Mercoledì 11 Giugno 2014

SENTIERO STOCKALPER

Gondo-Simplondorf (CH)


Ritrovo partecipanti
Ore:06.30
piazza del mercato
auto proprie
Direttore gita

per informazioni rivolgersi in sede

Dati della gita
Partenza:Gondo 855 mt
Durata:4 ore salita
Dislivello:700 mt
Difficolta':E
Attrezzatura:Escursionismo
Informazioni

Caratteristiche della gita

Escursione

Introduzione

Il nome del sentiero – Via Stockalper o Stockalper Weg - ricorda uno dei personaggi chiave della storia di queste terre: Gaspar Jodok Stockalper, nato nel1609 ed uno dei più importanti commercianti d’Europa. Parlava cinque lingue ed era proprietario di pascoli, alpeggi e miniere. Dal suo palazzo a Briga, che aveva trasformato in un magnifico castello, controllava i commerci con Anversa, Parigi ed i porti della Manica a nord e Milano a sud. Fu lui a sistemare il sentiero, ad attrezzarlo con ponti e rifugi ed a permettere alle carovane di passare anche d’inverno. ”. Caduto in disgrazia politica nel suo paese, Stockalper si rifugiò in esilio in Ossola e visse alcuni anni al Sacro Monte Calvario di Domodossola, contribuendo finanziariamente anche alla realizzazione del ricco patrimonio artistico del luogo. Molto importante è il luogo di partenza del Sacro Monte Calvario, punto di riferimento storico, artistico e culturale della città di Domodossola.
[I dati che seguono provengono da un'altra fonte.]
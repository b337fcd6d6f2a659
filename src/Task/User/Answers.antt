-- ===== src/Task/User/Answers.antt =====
-- What a user gets from a task that a program can reach.
use asyncplusplus_1_1_annota.Base.{
  ℕ, ◌≡◌, true, false, Option, none, some, Option-cases, inl, inr, refl, ◌∙◌,
}
use asyncplusplus_1_1_annota.Task.Types.{
  completed, canceled, is_finished, Value, after_move, Task, World,
}
use asyncplusplus_1_1_annota.Task.Heap.{◌>>=◌, store, get_result, get_exception}
use asyncplusplus_1_1_annota.Task.System.{Reachable, Reachable-Inv}
use asyncplusplus_1_1_annota.Task.User.{
  blocks, rethrows, gives, move_out, with_rest, task_get, get_internal, wait_and_throw,
}

module _ {V E : Type 0} {w : World V E} (r : Reachable w) (t : ℕ) (k : Task V E)
    (there : w.task t ≡ some k) where
  -- The heap in which the result of the task has been moved out.
  abbrev pub emptied : Value V → World V E
  emptied v = store w t (record k { result = some (after_move v) })

  moves_result : (v : Value V) → k.result ≡ some v → get_result w t true ≡ some (v, emptied v)
  unfolding get_result
  moves_result v has = rw (there, has) refl

  -- The result is moved out as soon as the task has completed.
  get-completed :
      (throws : Option E)
      → k.state ≡ completed
      → task_get w (some t) throws ≡ (move_out w t throws >>= λ o. some (with_rest w (some t) o))
  unfolding task_get get_internal wait_and_throw
  get-completed throws e = rw (there, e) refl

  -- In every heap that a program and its schedulers can reach, `get` on a `task` that is there blocks
  -- as long as the task has not finished, and leaves the task object and the heap; of a completed one
  -- it moves the result out, which it gives, or, where the move throws, throws the exception of the
  -- move, and it leaves the task object empty in both cases; and it throws the exception of a
  -- canceled one, and leaves the task object, which is still valid, and the heap.
  pub get_answers :
      (throws : Option E)
      → (is_finished k.state ≡ false → task_get w (some t) throws ≡ some (blocks, some t, w))
        × (k.state ≡ completed
            → (v : Value V) × (k.result ≡ some v)
              × (task_get w (some t) none ≡ some (gives v, none, emptied v))
              × ((x : E) → task_get w (some t) (some x) ≡ some (rethrows x, none, emptied v)))
        × (k.state ≡ canceled
            → (e : E) × (k.except ≡ some e)
              × (task_get w (some t) throws ≡ some (rethrows e, some t, w)))
  unfolding task_get get_internal wait_and_throw get_exception
  get_answers throws = (
    λ e. rw (there, e) refl,
    λ e. elim (Option-cases k.result) [
      | inl no_result ↦ absurd (((Reachable-Inv r).sound t k there).has_result e no_result)
      | inr (v, has) ↦ (
        v,
        has,
        get-completed none e ∙ rw (moves_result v has) refl,
        λ x. get-completed (some x) e ∙ rw (moves_result v has) refl,
      )
    ],
    λ e. elim (Option-cases k.except) [
      | inl no_except ↦ absurd (((Reachable-Inv r).sound t k there).has_except e no_except)
      | inr (x, has) ↦ (x, has, rw (there, e, has) refl)
    ],
  )
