-- ===== src/Task/Examples.antt =====
-- A task with the value 3, and a continuation that moves the value out and on.
use asyncplusplus_1_1_annota.Base.{
  true, false, ℕ, List, ◌≡◌, ◌⊎◌, ◌∙◌, none, some, [], ◌∷◌, ◌==◌, if◌then◌else◌, arith, refl,
  some_inj, subst, ap,
}
use asyncplusplus_1_1_annota.Task.Types.{
  completed, canceled, is_finished, Value, Task, Ran, value, returns, Exec, root, root_unwrap,
  value_cont, gives, then_throws, moved_from, after_move, World,
}
use asyncplusplus_1_1_annota.Task.Heap.{
  store, hand, get_result, set_result, set_state, set_exception, cancel_base, destroy_func, finish,
  run_continuations, fresh, add_continuation,
}
use asyncplusplus_1_1_annota.Task.Exec.{
  take_handle, run_task, exec, unwrap, unwrapped_finish, link, with_value, complete, run_handle,
  spawn, then_internal,
}
use asyncplusplus_1_1_annota.Task.Event.{new_event, set_internal, abandon}
use asyncplusplus_1_1_annota.Task.Safety.Event.{
  EndsWith, IsSettled, first_set_wins, abandon_cancels,
}
use asyncplusplus_1_1_annota.Task.Inv.{Inv, count, moves_from, func_at, conts_at, finished_at}
use asyncplusplus_1_1_annota.Task.User
use asyncplusplus_1_1_annota.Task.User.{blocks, rethrows, task_get}
use asyncplusplus_1_1_annota.Task.User.Answers.{emptied, get_answers}
use asyncplusplus_1_1_annota.Task.Steps.{World-ext}
use asyncplusplus_1_1_annota.Task.Safety.Step.{ReturnsTasks}
use asyncplusplus_1_1_annota.Task.System.{
  finished_stays, ran, no_tasks, Reachable, start, created, spawned, chained, Reachable-Inv,
  Reachable-progress, continuation_kept_once,
}

abbrev three : Exec ℕ ℕ
three = root (returns (value 3))

abbrev take_on : Exec ℕ ℕ
take_on = value_cont 0 true returns

abbrev both : World ℕ ℕ
both = record {
  task = λ t.
      if t == 0
      then some (record (fresh (some three)) { conts = 1 ∷ [] })
      else if t == 1
      then some (fresh (some take_on))
      else none;
  next = 2;
  handles = 0 ∷ [];
}

one : World ℕ ℕ
one = spawn no_tasks three

chain : then_internal one 0 take_on ≡ some both
unfolding one spawn then_internal add_continuation
chain = ap some (World-ext (λ c. ground arith) refl refl)

both-Reachable : Reachable both
unfolding one spawn
both-Reachable = chained (spawned start three refl refl) 0 take_on refl refl (λ e. cc) chain

both_live :
    (t : ℕ) (left : List ℕ) (f : Exec ℕ ℕ)
    → take_handle 0 both.handles ≡ some (t, left)
    → func_at both t ≡ some f
    → ReturnsTasks both f
unfolding take_handle
both_live t left f took e =
    let first : 0 ≡ t = ap (λ (x : ℕ × List ℕ). x.0) (some_inj took) in
    let is_three : three ≡ f = some_inj (ap (func_at both) first ∙ e) in
    subst (ReturnsTasks both) is_three tt

Reachable-progress_example : (w' : World ℕ ℕ) × (run_handle both 0 ≡ some w') × Reachable w'
Reachable-progress_example = Reachable-progress both-Reachable 0 (omega arith) both_live

continuation_kept_once_example :
    (count 1 (conts_at both 0) ≡ (if finished_at both 0 then 0 else 1))
    × (count 1 both.handles ≡ (if finished_at both 0 then 1 else 0))
continuation_kept_once_example = continuation_kept_once both-Reachable 1 0 take_on refl refl

abbrev event : World ℕ ℕ
event = new_event no_tasks

first_set_wins_example :
    (w' : World ℕ ℕ) × (set_internal event 0 (returns (value 3)) ≡ some (w', true))
    × Inv w'
    × EndsWith w' 0 (returns (value 3))
    × IsSettled w' 0
first_set_wins_example =
    first_set_wins (Reachable-Inv (created start)) 0 (fresh none) refl refl refl (returns (value 3))

abandon_cancels_example :
    (w' : World ℕ ℕ) × (abandon 7 event 0 false ≡ some w') × Inv w' × EndsWith w' 0 (Ran.throws 7)
abandon_cancels_example =
    abandon_cancels (Reachable-Inv (created start)) 0 (fresh none) refl refl refl 7

-- The heap after the first task has run, and the second after it.
abbrev ended : Task ℕ ℕ
ended = record {
  state = completed;
  event_task_got_task = false;
  func = none;
  result = some (value 3);
  except = none;
  conts = [];
  conts_locked = true;
}

abbrev half_way : World ℕ ℕ
half_way = hand (store (record both { handles = [] }) 0 ended) (1 ∷ [])

abbrev emptied_task : Task ℕ ℕ
emptied_task = record ended { result = some moved_from }

abbrev over : World ℕ ℕ
over = hand (store (store (record half_way { handles = [] }) 0 emptied_task) 1 ended) []

first_runs : run_handle both 0 ≡ some half_way
unfolding take_handle run_handle run_task exec complete set_result destroy_func finish
    run_continuations
first_runs = ap some (World-ext (λ c. ground arith) refl refl)

take_1 : take_handle 0 half_way.handles ≡ some (1, [])
unfolding take_handle
take_1 = refl

half_way_Reachable : Reachable half_way
half_way_Reachable = ran both-Reachable 0 (omega arith) both_live first_runs

second_runs : run_handle half_way 0 ≡ some over
unfolding take_handle run_handle run_task exec with_value get_result complete set_result
    destroy_func finish run_continuations
second_runs = ap some (World-ext (λ c. ground arith) refl refl)

finished_stays_example :
    (over.task 0 ≡ some ended)
    ⊎ ((moves_from take_on ≡ some 0)
        × (v : Value ℕ) × (some (value 3) ≡ some v)
        × (over.task 0 ≡ some (record ended { result = some (after_move v) })))
finished_stays_example =
    finished_stays half_way_Reachable 0 1 [] take_on (omega arith) take_1 refl tt second_runs 0
      ended refl refl

get_answers_example :
    (is_finished completed ≡ false
      → task_get half_way (some 0) (some 5) ≡ some (blocks, some 0, half_way))
    × (completed ≡ completed
        → (v : Value ℕ) × (some (value 3) ≡ some v)
          × (task_get half_way (some 0) none
              ≡ some (User.gives v, none, emptied half_way_Reachable 0 ended refl v))
          × ((x : ℕ)
              → task_get half_way (some 0) (some x)
                ≡ some (rethrows x, none, emptied half_way_Reachable 0 ended refl v)))
    × (completed ≡ canceled
        → (e : ℕ) × (none ≡ some e)
          × (task_get half_way (some 0) (some 5) ≡ some (rethrows e, some 0, half_way)))
get_answers_example = get_answers half_way_Reachable 0 ended refl (some 5)

-- A function that returns an empty task: its task ends with the exception of `then`.
abbrev unwraps : Exec ℕ ℕ
unwraps = root_unwrap (gives (then_throws 9))

abbrev canceled_task : Task ℕ ℕ
canceled_task = record (fresh none) { state = canceled; except = some 9; conts_locked = true }

empty_child_cancels :
    run_handle (spawn no_tasks unwraps) 0
    ≡ some (hand (store (record (spawn no_tasks unwraps) { handles = [] }) 0 canceled_task) [])
unfolding take_handle run_handle run_task exec spawn unwrap unwrapped_finish link set_state
    destroy_func cancel_base set_exception run_continuations
empty_child_cancels = ap some (World-ext (λ c. ground arith) refl refl)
A testimoniare la presenza del Barone Stockalper al Calvario restano la casa in cui dimorò e una statua, nella Cappella del Paradiso, raffigurante la sua persona.

Percorso stradale

Imboccare a Legnano l’autostrada A4 per Varese.A Gallarate, tenendo la sinistra, proseguire sulla A26 per Gravellona Toce e poi sulla superstrada del Sempione.Passato Domodossola proseguire verso il confine di Stato di Paglino ed entrati in territorio elvetico a Gondo parcheggiare presso la torre.

Escursione

Da Gondo, nei pressi della Torre Stockalper, si prende l’evidente e ben segnalato sentiero.Si prosegue fino alle belle cascatelle e sulle marmitte dette “dei giganti”, si supera poi il torrente sulle ardite passerelle, fino a raggiungere il forte di Gondo, un sistema di bunker interamente scavato nella roccia dall’esercito elvetico per controllare l’accesso al Passo del Sempione, (visitabile il sistema di bunker) tutto questo al cospetto delle impressionanti pareti delle Pale di Gondo.Si prosegue nella valle di Doveria, fino all’attraversamento delle gole su un percorso di passerelle che permettono di attraversarle nella sua interezza evitando la strada nazionale e sovrapponendosi talvolta all’antica e abbandonata via Napoleonica, dove si incontra l’Alte Kaserne piccola casermetta Napoleonica trasformata in un grazioso museo (visitabile.) Da qui il sentiero diventa più pianeggiante e, sempre ben segnalato, si prosegue fino ad arrivare a Gabi e poi per pascoli si arriva al paesino di Simplon Dorf m. 1476 (possibilità di visita al grazioso e antico villaggio e all’interessante ecomuseo).